# 1&1 FrontPage Extensions/Gästebuch



## apollo (22. Juli 2005)

*1&1 FrontPage Extensions/Gästebuch*

Hi!

Also, ich bin dabei für meine Freundin eine Homepage zu erstellen. Soweit bin ich auch schon fast fertig, jedoch möchte ich noch gerne ein Gästebuch einfügen. Hat auch wunderbar geklappt jedoch wenn ich meinen Eintrag absenden will erscheint dieses Fenster, mit dem ich rein garnichts anfangen kann. Es soll wohl an den FrontPage Extensions (  ) liegen. Aber im Control Center von 1&1 lassen diese sich ums verrecken nicht aktivieren. Weiß da jemand einen guten Rat für mich?

[OE]


----------



## Hell-is-on-Earth (22. Juli 2005)

*AW: 1&1 FrontPage Extensions/Gästebuch*

hast du nen .php Gästebuch eingefügt?


----------



## apollo (22. Juli 2005)

*AW: 1&1 FrontPage Extensions/Gästebuch*



			
				Hell-is-on-Earth am 22.07.2005 11:39 schrieb:
			
		

> hast du nen .php Gästebuch eingefügt?


ein was?

also, ich habe in Frontpage einfach eine Seite fertig gemacht und dann auch mit frontpage ein Gästebuch erstellt...   

vielleicht sollte man noch erwähnen das Homepageerstellung für mich absolutes Neuland ist...

[OE]

akzeptiere auch gerne hilfe über ICQ


----------



## airbuspilot (22. Juli 2005)

*AW: 1&1 FrontPage Extensions/Gästebuch*



			
				apollo am 22.07.2005 11:34 schrieb:
			
		

> Hi!
> 
> Also, ich bin dabei für meine Freundin eine Homepage zu erstellen. Soweit bin ich auch schon fast fertig, jedoch möchte ich noch gerne ein Gästebuch einfügen. Hat auch wunderbar geklappt jedoch wenn ich meinen Eintrag absenden will erscheint dieses Fenster, mit dem ich rein garnichts anfangen kann. Es soll wohl an den FrontPage Extensions (  ) liegen. Aber im Control Center von 1&1 lassen diese sich ums verrecken nicht aktivieren. Weiß da jemand einen guten Rat für mich?
> 
> [OE]



afaik sind die FrontPage Extensions nur auf Windows-Servern installiert,
und da nur wenige Webserver aus Stabilitäts- und Administrationsgründen
auf Windows basieren funktionierts auf dem 1&1 Server nicht.
FrontPage is auch völlig auf Windows-Server ausgelegt und imo 


Spoiler



der letzte dreck



MfG air


----------



## Marscel (23. Juli 2005)

*AW: 1&1 FrontPage Extensions/Gästebuch*

Wenn dein Webspace PHP Unterstützung hat, dann google nach einem PHP-Gästebuch.

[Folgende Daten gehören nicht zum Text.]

-- ===== src/Realtime/Udp.antt =====
-- realtime-server/src/udp_connection.rs.
pub mod Socket
pub mod Join
pub mod Handlers
pub mod Outgoing
pub mod Calls
pub mod Strangers
pub mod Flush
pub mod Linked
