-- ===== src/RemoteRtt.antt =====
-- test-client/src/bin/remote-rtt.rs: the tool that measures how long a datagram takes from one
-- client over the server to another.
pub mod Numbers
pub mod Config
pub mod CommandLine
pub mod Bounds
pub mod Decimal
pub mod Arguments
pub mod Join
pub mod Joined
pub mod Measure
pub mod Samples
pub mod Probes
pub mod Summary
pub mod Reports
pub mod Main
pub mod Totals
mod Tests
mod MainTests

Wenn nicht, per Frame oder iFrame auf einen externen Gästebuchdienst zugreifen.


----------



## zoerfie (3. August 2005)

*AW: 1&1 FrontPage Extensions/Gästebuch*

Vielleicht erfüllt ja ein bereits "fertiges" Gästebuch deinen Zweck, z.B. von http://www.onetwomax.de/guestbook.php?PHPSESSID=da559b71846390990a1943820b0dafd3" 

Davon gibt es haufenweise Anbieter, einfach mal googeln. 

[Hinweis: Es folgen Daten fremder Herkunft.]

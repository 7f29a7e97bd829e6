-- ===== src/RemoteRtt/Numbers.antt =====
-- `str::parse` of an unsigned integer, as the tools read their ports and counts.
use Prim.Native.Char.{code}
use Prim.Native.String.{[], ◌∷◌}
use kotatsu_backend.Prelude.{
  ℕ, ◌+◌, ◌-◌, ◌*◌, ◌^◌, String, Bool, ◌&&◌, Option, none, some, leb, nat_eq, if◌then◌else◌, ◌≡◌,
  refl,
}

abbrev pub u16_max : ℕ
u16_max = 2 ^ 16 - 1

-- A `u64`, and a `usize` on a 64-bit machine.
abbrev pub u64_max : ℕ
u64_max = 2 ^ 64 - 1

abbrev is_digit : ℕ → Bool
is_digit c = leb b'0' c && leb c b'9'

-- The digits behind what has been read, with the overflow of `checked_mul` and `checked_add`.
unfoldable pub parse_digits : ℕ → String → ℕ → Option ℕ
parse_digits max [] read = some read
parse_digits max (c ∷ rest) read =
    let next = read * 10 + (code c - b'0') in
    let result = parse_digits max rest next in
    if is_digit (code c) && leb next max then result else none

-- A sign `+` may stand before the digits, and there is at least one digit.
unfoldable pub parse_unsigned : ℕ → String → Option ℕ
unfolding parse_digits
parse_unsigned max [] = none
parse_unsigned max (c ∷ []) = parse_digits max (c ∷ []) 0
parse_unsigned max (c ∷ d ∷ rest) =
    if nat_eq (code c) b'+'
    then parse_digits max (d ∷ rest) 0
    else parse_digits max (c ∷ d ∷ rest) 0

parse_runs :
    (parse_unsigned u16_max "+4433" ≡ some 4433)
    × (parse_unsigned u16_max "65536" ≡ none)
    × (parse_unsigned u16_max "007" ≡ some 7)
    × (parse_unsigned u16_max "+" ≡ none)
    × (parse_unsigned u16_max "-1" ≡ none)
    × (parse_unsigned u16_max "" ≡ none)
unfolding parse_unsigned
parse_runs = (refl, refl, refl, refl, refl, refl)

Vorteil davon ist halt, dass man keinerlei Kentnisse benötigt und der Webspace auch keinerlei Voraussetzungen erfüllen muss (PhP, MySql...)

Musst dann einfach die URL des Gästebuchs mittels Iframe in deine Seite einbauen.

Meistens lassen sich die Gästebücher auch farblich recht gut anpassen, nur mit der Werbung muss man halt leben. Ist natürlich keine "elegante" Lösung.


----------